The dark mahogany doors to the library that had fresh marigold garlands hanging off them were slowly pulled shut by a concerned and baffled Kalu.
“What the hell is going on here? Are we going to get fed or not? It’s 9 am and no one from the house has shown up.”
“Nasta is being served outside ji – the servant had come and announced.”
“There is no function this afternoon – so maybe we should go for some sightseeing after eating?” “Mohit chachu was saying last night that they will arrange for some cars…. they have rented a few for the convenience of the guests.”
“Is it again poori for Nasta? I was thinking maybe poha would be better. Last night’s banquet was so oily.”
Shanti listened to the cacophonous conversation standing silently by the door. She usually never got noticed until she made some noise. Her go to – a short, deep cough. But she was in no hurry to do so today. She had taken three days off from the other houses for the Sinha marriage and was supposed to be here all day anyway. There were no other houses to rush to. On days with such leisurely opportunities, Shanti didn’t like to sweat the small stuff. It would not matter much in the grand scale of things if the side hall got swept at 10 am instead of 9. In fact, it not would matter if it got swept at all today or not. So she would much rather listen on to the conversations of the visiting guests, writing up their stories in her head from what she heard. Who they were? What did they think? How their lives were? That was what was important.
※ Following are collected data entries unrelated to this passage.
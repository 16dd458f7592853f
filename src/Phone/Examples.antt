-- ===== src/Phone/Examples.antt =====
-- Concrete numbers: a Nigerian one as it is stored, and one of the Maldives.
use meduman_backend.Prelude.{ℕ, ◌≡◌, refl, List, [], ◌∷◌, ◌++◌}
use meduman_backend.Phone.{routed, is_dialable, ng_country_code, normalize_msisdn}
use meduman_backend.Phone.Laws.{IsDialled, normalize_msisdn-IsDialled}
use meduman_backend.Phone.Again.{normalize_msisdn_idem, plus_number_redirected}

-- "0803 123 4567"
abbrev stored_number : List ℕ
stored_number =
    b'0' ∷ b'8' ∷ b'0' ∷ b'3' ∷ b' ' ∷ b'1' ∷ b'2' ∷ b'3' ∷ b' ' ∷ b'4' ∷ b'5' ∷ b'6' ∷ b'7' ∷ []

-- "2348031234567"
abbrev dialled_number : List ℕ
dialled_number =
    b'2' ∷ b'3' ∷ b'4' ∷ b'8' ∷ b'0' ∷ b'3' ∷ b'1' ∷ b'2' ∷ b'3' ∷ b'4' ∷ b'5' ∷ b'6' ∷ b'7' ∷ []

normalized : normalize_msisdn ng_country_code stored_number ≡ routed dialled_number
unfolding normalize_msisdn is_dialable
normalized = refl

normalize_msisdn-IsDialled_example : IsDialled dialled_number
normalize_msisdn-IsDialled_example =
    normalize_msisdn-IsDialled ng_country_code stored_number dialled_number refl normalized

normalize_msisdn_idem_test : normalize_msisdn ng_country_code dialled_number ≡ routed dialled_number
normalize_msisdn_idem_test = normalize_msisdn_idem stored_number dialled_number normalized

-- "9607771234": the country code 960 and a mobile number of the Maldives
abbrev maldives : List ℕ
maldives = b'9' ∷ b'6' ∷ b'0' ∷ b'7' ∷ b'7' ∷ b'7' ∷ b'1' ∷ b'2' ∷ b'3' ∷ b'4' ∷ []

plus_number_redirected_test :
    normalize_msisdn ng_country_code (b'+' ∷ maldives) ≡ routed (ng_country_code ++ maldives)
plus_number_redirected_test = plus_number_redirected maldives refl refl refl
“Shanti-di, come upstairs.” Her ponderings were interrupted by Kishen.
“Why? What the hell for?”
“I don’t know. Kalu sir came down and asked to send you up.”
“Sir! Oh my! Good to know Kalu is ‘sir’ too to someone,” Shanti simpered and pulled Kishen’s cheeks to tease before gathering her stuff and obliging. Kalu’s orders were never ignored in this house.
The room was very very dark. The curtains were possibly blackout ones. Their color had looked purple last night in the light of all the candles. Now that most of them had burnt out, it looked black. Just black. Meera didn’t know why she was thinking of the curtains of all things. But on the other hand, she didn’t know what else to think of. There was nothing to think about really. Whatever needed to be thought of, discussed, decided, will be done by ‘them’ now. By others. Like always.
A very small amount of light, almost the size of the narrow ribbon that the priest had tied on their hands last night, was coming in from underneath the heavy door which the man she had just married had hastily shut behind him before leaving. Meera looked at it and slowly lied down. She wanted to sleep. She wanted nothing more than to sleep for a few hours.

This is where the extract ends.